The complicated negotiation for the completion of the works at the Nou Mestalla with Peter Lim’s Valencia – a president whom the majority of the club’s fans want to see out – is being choked by the new Government team of the Valencia City Council. Already in the previous legislature, Joan Ribó’s executive could not reach an agreement and, now, it is the PP that sees how this arduous negotiation is increasing the pressure on a mayor who, unlike her predecessor, does not have a solid majority in the Hemicycle.
In fact, the disagreements of recent days are evidencing the solitude of the first mayor, María José Catalá, in the face of an opposition that demands that the Councilor for Large Projects, José Marí Olano, be removed from the negotiation with Valencia CF. The three parties, including Vox (called to be Catalá’s preferred partner this term) have launched different initiatives for the first mayor to get rid of one of her electoral bets to solve the great problems of the legislature such as the agreement of the new stadium or the development of the Navy.
The problem is that neither Compromís, nor PP nor Vox view favorably that Marí Olano, who still works at the consulting firm KPMG, is in charge of piloting the negotiations when, they explain, this company has Valencia CF’s largest shareholder, Peter Lim, in your client portfolio.

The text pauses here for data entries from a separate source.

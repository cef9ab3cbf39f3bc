-- ===== src/Tests/Extended.antt =====
-- Runs and instances for the extended protocol and for the texts of parameters.
use ohmydb_proxy.Prelude.{
  All, Bytes, Text, [], arith, decimal, decode_utf8, decode_utf8_replace, find_null, from_bytes_be,
  from_bytes_le, int_text, is_settled, lit, none, ok, refl, some, to_signed, true, unpack_signed,
  ◌++◌, ◌∷◌, ◌≡◌, ◌⊎◌,
}
use ohmydb_proxy.Prelude.Plain.{IsPlain}
use ohmydb_proxy.Postgres.Extended.{
  BindMessage, parse_bind_message, parse_close_message, parse_execute_message, parse_parse_message,
  resolve_format_codes,
}
use ohmydb_proxy.Postgres.Extended.Laws.{parsers_settled}
use ohmydb_proxy.Postgres.Extended.Reads.{bind_payload}
use ohmydb_proxy.Postgres.Extended.RoundTrip.{parse_bind_message-bind_payload}
use ohmydb_proxy.Postgres.Preview.{decode_param}
use ohmydb_proxy.Postgres.Preview.Laws.{decode_param-IsLiteral, read_literal}

-- The unnamed portal of the statement "s" with the values "7" and NULL, in the text format.
abbrev pub bind : BindMessage
bind = record {
  portal_name = [];
  statement_name = b's' ∷ [];
  param_values = some (b'7' ∷ []) ∷ none ∷ [];
  format_codes = 0 ∷ 0 ∷ [];
  result_format_codes = 1 ∷ [];
}

abbrev pub bind_bytes : Bytes
bind_bytes = bind_payload [] (b's' ∷ []) (0 ∷ []) (some (b'7' ∷ []) ∷ none ∷ []) (1 ∷ [])

ascii_s : decode_utf8 (b's' ∷ []) ≡ some (b's' ∷ [])
unfolding decode_utf8
ascii_s = refl

ascii_nil : decode_utf8 [] ≡ some []
unfolding decode_utf8
ascii_nil = refl

no_null : (find_null [] 0 ≡ none) × (find_null (b's' ∷ []) 0 ≡ none)
unfolding find_null
no_null = (refl, refl)

resolved : resolve_format_codes (0 ∷ []) 2 ≡ ok (0 ∷ 0 ∷ [])
unfolding resolve_format_codes
resolved = refl

parse_bind_message-bind_payload_example : parse_bind_message bind_bytes ≡ ok bind
parse_bind_message-bind_payload_example =
    parse_bind_message-bind_payload [] (b's' ∷ []) [] (b's' ∷ []) (0 ∷ [])
      (some (b'7' ∷ []) ∷ none ∷ []) (1 ∷ []) (0 ∷ 0 ∷ []) no_null.0 no_null.1 ascii_nil ascii_s
      (ground arith) (ground arith) (ground arith) (ground arith, tt) (ground arith, tt)
      (ground arith, (tt, tt)) resolved

parsers_settled_example :
    (is_settled (parse_parse_message bind_bytes) ≡ true)
    × (is_settled (parse_bind_message bind_bytes) ≡ true)
    × (is_settled (parse_execute_message bind_bytes) ≡ true)
    × (is_settled (parse_close_message bind_bytes) ≡ true)
parsers_settled_example = parsers_settled bind_bytes

quote_runs : (decode_param (some (lit "O'Neil")) 0).sql_literal ≡ lit "'O''Neil'"
unfolding decode_param lit decode_utf8_replace
quote_runs = refl

decode_param-IsLiteral_example :
    All IsPlain (decode_param (some (lit "O'Neil")) 0).sql_literal
    ⊎ ((t : Text) × (read_literal ((decode_param (some (lit "O'Neil")) 0).sql_literal ++ lit ", 1)")
          ≡ some (t, lit ", 1)")))
unfolding lit
decode_param-IsLiteral_example = decode_param-IsLiteral (some (lit "O'Neil")) 0 (lit ", 1)") refl

-- Integers are decoded from their bytes, a negative one with its sign.
binary_runs : (decode_param (some (0xff ∷ 0xff ∷ 0xff ∷ 0xfe ∷ [])) 1).sql_literal ≡ lit "-2"
unfolding decode_param lit int_text unpack_signed to_signed from_bytes_be from_bytes_le decimal
binary_runs = refl
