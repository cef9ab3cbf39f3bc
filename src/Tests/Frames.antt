-- ===== src/Tests/Frames.antt =====
-- Runs and instances for the framing of the PostgreSQL protocol.
use ohmydb_proxy.Prelude.{
  Bytes, Result, Text, [], decode_ascii, decode_utf8, find_null, from_bytes_be, from_bytes_le,
  is_settled, lit, ok, refl, some, text_eq, to_signed, true, unpack_signed, ◌++◌, ◌∷◌, ◌≡◌,
}
use ohmydb_proxy.Prelude.Dict.{Dict, insert}
use ohmydb_proxy.Postgres.Protocol.{Message}
use ohmydb_proxy.Postgres.Framer
use ohmydb_proxy.Postgres.Framer.{MessageFramer}
use ohmydb_proxy.Postgres.Framer.Laws.{push_joined, push_next}
use ohmydb_proxy.Postgres.Startup.{parse_startup_params}
use ohmydb_proxy.Postgres.Startup.Laws.{parse_startup_params_ends}
use ohmydb_proxy.Postgres.Handler.{}

abbrev pub empty_buffer : MessageFramer
empty_buffer = record { buffer = []; max_message_bytes = 100 }

-- A Sync message.
abbrev pub sync_bytes : Bytes
sync_bytes = b'S' ∷ 0 ∷ 0 ∷ 0 ∷ 4 ∷ []

abbrev pub sync : Message
sync = record { type = b'S' ∷ []; payload = []; raw = sync_bytes }

-- The message comes out when its last byte is there.
split_runs :
    Framer.push (record { buffer = b'S' ∷ 0 ∷ 0 ∷ []; max_message_bytes = 100 }) (0 ∷ 4 ∷ b'X' ∷ [])
    ≡ (ok (sync ∷ []), record { buffer = b'X' ∷ []; max_message_bytes = 100 })
unfolding Framer.push ohmydb_proxy.Framing.loop Framer.next_message unpack_signed to_signed
    from_bytes_be from_bytes_le decode_ascii
split_runs = refl

push_joined_example :
    Framer.push empty_buffer ((b'S' ∷ 0 ∷ 0 ∷ []) ++ (0 ∷ 4 ∷ b'X' ∷ []))
    ≡ push_next (Framer.push empty_buffer (b'S' ∷ 0 ∷ 0 ∷ [])) (0 ∷ 4 ∷ b'X' ∷ [])
push_joined_example = push_joined empty_buffer (b'S' ∷ 0 ∷ 0 ∷ []) (0 ∷ 4 ∷ b'X' ∷ [])

-- The user "me" of the database "db".
abbrev pub hello : Bytes
hello =
    0
    ∷ 0
    ∷ 0
    ∷ 29
    ∷ 0
    ∷ 3
    ∷ 0
    ∷ 0
    ∷ (lit "user" ++ (0 ∷ (lit "me" ++ (0 ∷ (lit "database" ++ (0 ∷ (lit "db" ++ (0 ∷ 0 ∷ []))))))))

startup_runs :
    parse_startup_params hello
    ≡ some (ok ((lit "user", lit "me") ∷ (lit "database", lit "db") ∷ []))
unfolding parse_startup_params lit unpack_signed to_signed from_bytes_be from_bytes_le find_null
    decode_utf8 insert text_eq
startup_runs = refl

parse_startup_params_ends_example :
    (r : Result (Dict Text)) × (parse_startup_params hello ≡ some r) × (is_settled r ≡ true)
parse_startup_params_ends_example = parse_startup_params_ends hello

The City Council has always defended that “Marí Olano has not participated in the almost ten years of professional involvement with KPMG Abogados, S.L.P., in any matter of any nature that, directly, indirectly, or even remotely, is related to Valencia C.F. or with Meriton Holdings.”
Yesterday, in fact, the mayor reiterated her confidence in the person responsible for Major Projects and defended his “career, his training and preparation.” Catalá denied that her Government was “relaxing measures” of the agreement with Valencia CF and assured that what the PP is doing is working – “doing good” – on the agreement left by the Socialist Party and Joan Ribó.
Some explanations that do not convince the opposition, although they do not agree much on how to act. Yesterday, the PSPV spokesperson, Sandra Gómez, demanded that “Olano be removed from the negotiation he is carrying out with Meriton due to a conflict of interest” and threatened to present a motion convinced that “he has a good chance of winning it.”
Vox already asked last week – in an increase in its particular tug-of-war with the PP – that Olano be removed, so it was pleased that the PSPV joined its proposals. Of course, he did not clarify whether he would support the initiative. In any case, as municipal sources confirmed to this newspaper, the power to remove the powers of a councilor rests solely with the mayor.
Meanwhile, Compromís – which on Friday had announced the request for an extraordinary plenary session to ask Catalá for explanations, and the possibility of opening an investigation commission due to the possible conflict of interest – yesterday registered this request. Now there is a maximum period of 15 days to convene the aforementioned plenary session. Compromís considers that the PSPV’s request for dismissal was of little use given that the opposition cannot alter the powers of the government team, but it does not want to miss the opportunity to pressure and put the mayor on the ropes.
As if Catalá did not have enough, yesterday he had to use the PSPV to approve the appointment of the new manager of Aumsa. A support that generated deep discomfort – one more – from Vox, which denounced “a secret pact between PP and the PSOE to share the management of municipal companies.”
A vote that has once again highlighted the differences between the PP – which governs the council in a minority – and its preferred partner. And it is not the first time that this has happened since Vox already voted against it last Friday and prevented the renewal of the EMT leadership.